TASK DETAILS: Please return the lines below verbatim, beginning at the one that has "pub rate_plan : RatePlan" and stopping after the one that has "restrictions = restriction_on plan.id rows;", and add no other lines.

Records from a collection
==================================================

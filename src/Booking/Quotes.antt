-- ===== src/Booking/Quotes.antt =====
-- `assertRange`, `priceStay` and `quote` of apps/api/src/modules/booking.module.ts.
use lodgiva.Common.{
  ℕ, ◌+◌, Bool, ◌&&◌, Option, none, some, List, [], ◌∷◌, map, ◌==◌, leb, ltb, find, filter, length,
  last?, if◌then◌else◌,
}
use lodgiva.Common.Int.{ℤ, pos, ◌+ℤ◌}
use lodgiva.Money.{nights_between}
use lodgiva.Store.{
  Key, IsoDate, calendar, base_rate, RoomType, RatePlan, DailyRate, RateRestriction, NightRate,
  QuotedTax, Code, dates_closed_code, closed_to_arrival_code, closed_to_departure_code,
  min_stay_code, max_stay_code, min_advance_code, M, pure, gets, require, throw, throw_if, ◌>>=◌,
  ◌>>◌, bad_request, not_found, conflict, crash, invalid_date_range, stay_too_long,
  rate_plan_not_found, occupancy_exceeded,
}
use lodgiva.Access.{Auth, assert_property}
use lodgiva.Tax.{TaxLine, TaxInput, room_kind, compute}
use lodgiva.Inventory.{NightAvailability, availability_by_night, expire_stale_holds}
use lodgiva.Restrictions.{
  RestrictionRow, RestrictionViolation, EvaluateInput, dates_closed, closed_to_arrival,
  closed_to_departure, min_stay_not_met, max_stay_exceeded, min_advance_not_met,
  evaluate_restrictions,
}

-- `assertRange`
unfoldable pub assert_range : IsoDate → IsoDate → M (Unit {0})
assert_range arrival departure = do
  throw_if (leb departure arrival) (bad_request invalid_date_range)
  throw_if (ltb 60 (length (nights_between arrival departure))) (bad_request stay_too_long)

-- The input of `priceStay`.
pub record StayQuery : Type 0 where
  pub tenant_id : Key
  pub property_id : Key
  pub business_date : IsoDate
  pub rate_plan_id : Key
  pub arrival_date : IsoDate
  pub departure_date : IsoDate
  pub adults : ℕ
  pub children : ℕ

-- `QuoteResult`; the currency is always NGN. `none` is `Infinity`, the least of no numbers.
pub record QuoteResult : Type 0 where
  pub rate_plan : RatePlan
  pub room_type : RoomType
  pub nights : List NightRate
  pub base_minor : ℤ
  pub taxes : List QuotedTax
  pub total_minor : ℤ
  pub available_rooms : Option ℕ

-- The `where` of the look-up of the plan.
abbrev pub is_plan : StayQuery → RatePlan → Bool
is_plan input p =
    p.id == input.rate_plan_id
    && (p.tenant_id == input.tenant_id && (p.property_id == input.property_id && p.is_active_plan))

abbrev pub restriction_row : RateRestriction → RestrictionRow
restriction_row r = record {
  date = r.date;
  closed = r.closed;
  closed_to_arrival = r.closed_to_arrival;
  closed_to_departure = r.closed_to_departure;
  min_stay = r.min_stay;
  max_stay = r.max_stay;
  min_advance_days = r.min_advance_days;
}

-- `restrictions.get(date)`: of equal keys a `Map` keeps the last.
abbrev pub restriction_on : Key → List RateRestriction → IsoDate → Option RestrictionRow
restriction_on plan_id rows date =
    elim (last? (filter (λ r. r.rate_plan_id == plan_id && r.date == date) rows)) [
      | none ↦ none
      | some r ↦ some (restriction_row r)
    ]

-- The input of `evaluateRestrictions`.
abbrev pub rules_input : StayQuery → RatePlan → List RateRestriction → EvaluateInput
rules_input input plan rows = record {
  nights = nights_between input.arrival_date input.departure_date;
  departure_date = input.departure_date;
  restrictions = restriction_on plan.id rows;
  plan_min_stay = plan.min_stay;
  business_date = input.business_date;
}

-- `violation.code`
abbrev pub code_of : RestrictionViolation → Code
code_of (dates_closed dates) = dates_closed_code
code_of (closed_to_arrival date) = closed_to_arrival_code
code_of (closed_to_departure date) = closed_to_departure_code
code_of (min_stay_not_met least stay arrival) = min_stay_code
code_of (max_stay_exceeded most stay arrival) = max_stay_code
code_of (min_advance_not_met days lead) = min_advance_code

-- `if (violations.length) throw`
abbrev pub refuse : List RestrictionViolation → M (Unit {0})
refuse [] = pure tt
refuse (v ∷ vs) = throw (conflict (code_of v))

-- The price of a night: the calendar's, or the base rate of the type.
abbrev pub night_rate : Key → RoomType → List DailyRate → IsoDate → NightRate
night_rate plan_id type rates date =
    elim (last? (filter (λ o. o.rate_plan_id == plan_id && o.date == date) rates)) [
      | none ↦ record { date = date; rate_minor = type.base_rate_minor; source = base_rate }
      | some o ↦ record { date = date; rate_minor = o.rate_minor; source = calendar }
    ]

-- `breakdown.reduce((s, n) => s + …, 0n)`
abbrev pub sum_rates : List NightRate → ℤ
sum_rates [] = pos 0
sum_rates (n ∷ ns) = n.rate_minor +ℤ sum_rates ns

abbrev pub quote_tax_input : StayQuery → ℤ → TaxInput
quote_tax_input input base = record {
  tenant_id = input.tenant_id;
  property_id = input.property_id;
  base_minor = base;
  charge_kind = room_kind;
  business_date = input.business_date;
}

abbrev pub quoted_tax : TaxLine → QuotedTax
quoted_tax l = record {
  code = l.code;
  name = l.name;
  amount_minor = l.amount_minor;
  rule_version = l.tax_rule_version;
}

-- `Math.min(a, …)`
abbrev pub least : ℕ → Option ℕ → ℕ
least n none = n
least n (some m) = if leb n m then n else m

abbrev pub fewest : List NightAvailability → Option ℕ
fewest [] = none
fewest (n ∷ ns) = some (least n.available (fewest ns))

-- `priceStay`
unfoldable pub price_stay : StayQuery → M QuoteResult
unfolding availability_by_night
price_stay input = do
  plan ← require (← gets (λ db. find (is_plan input) db.rate_plans)) (not_found rate_plan_not_found)
  type ← require (← gets (λ db. find (λ t. t.id == plan.room_type_id) db.room_types)) crash
  throw_if (ltb type.max_occupancy (input.adults + input.children)) (conflict occupancy_exceeded)
  violations ← gets (λ db. evaluate_restrictions (rules_input input plan db.restrictions))
  refuse violations
  let nights = nights_between input.arrival_date input.departure_date
  breakdown ← gets (λ db. map (night_rate plan.id type db.daily_rates) nights)
  let base_minor = sum_rates breakdown
  computed ← gets (λ db. compute db.tax_rules (quote_tax_input input base_minor))
  per_night ←
      availability_by_night input.tenant_id plan.room_type_id input.arrival_date
        input.departure_date
  pure (record {
    rate_plan = plan;
    room_type = type;
    nights = breakdown;
    base_minor = base_minor;
    taxes = map quoted_tax computed.lines;
    total_minor = computed.total;
    available_rooms = fewest per_night;
  })

-- `quote`
unfoldable pub quote : Auth → Key → Key → IsoDate → IsoDate → ℕ → ℕ → M QuoteResult
unfolding assert_property assert_range expire_stale_holds price_stay
quote auth property_id rate_plan_id arrival departure adults children = do
  property ← assert_property auth property_id
  assert_range arrival departure
  expire_stale_holds (some auth.tenant_id)
  price_stay (record {
    tenant_id = auth.tenant_id;
    property_id = property_id;
    business_date = property.business_date;
    rate_plan_id = rate_plan_id;
    arrival_date = arrival;
    departure_date = departure;
    adults = adults;
    children = children;
  })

==================================================

REPLY TO THE EXERCISE:
  pub rate_plan : RatePlan
  pub room_type : RoomType
  pub nights : List NightRate
  pub base_minor : ℤ
  pub taxes : List QuotedTax
  pub total_minor : ℤ
  pub available_rooms : Option ℕ

-- The `where` of the look-up of the plan.
abbrev pub is_plan : StayQuery → RatePlan → Bool
is_plan input p =
    p.id == input.rate_plan_id
    && (p.tenant_id == input.tenant_id && (p.property_id == input.property_id && p.is_active_plan))

abbrev pub restriction_row : RateRestriction → RestrictionRow
restriction_row r = record {
  date = r.date;
  closed = r.closed;
  closed_to_arrival = r.closed_to_arrival;
  closed_to_departure = r.closed_to_departure;
  min_stay = r.min_stay;
  max_stay = r.max_stay;
  min_advance_days = r.min_advance_days;
}

-- `restrictions.get(date)`: of equal keys a `Map` keeps the last.
abbrev pub restriction_on : Key → List RateRestriction → IsoDate → Option RestrictionRow
restriction_on plan_id rows date =
    elim (last? (filter (λ r. r.rate_plan_id == plan_id && r.date == date) rows)) [
      | none ↦ none
      | some r ↦ some (restriction_row r)
    ]

-- The input of `evaluateRestrictions`.
abbrev pub rules_input : StayQuery → RatePlan → List RateRestriction → EvaluateInput
rules_input input plan rows = record {
  nights = nights_between input.arrival_date input.departure_date;
  departure_date = input.departure_date;
  restrictions = restriction_on plan.id rows;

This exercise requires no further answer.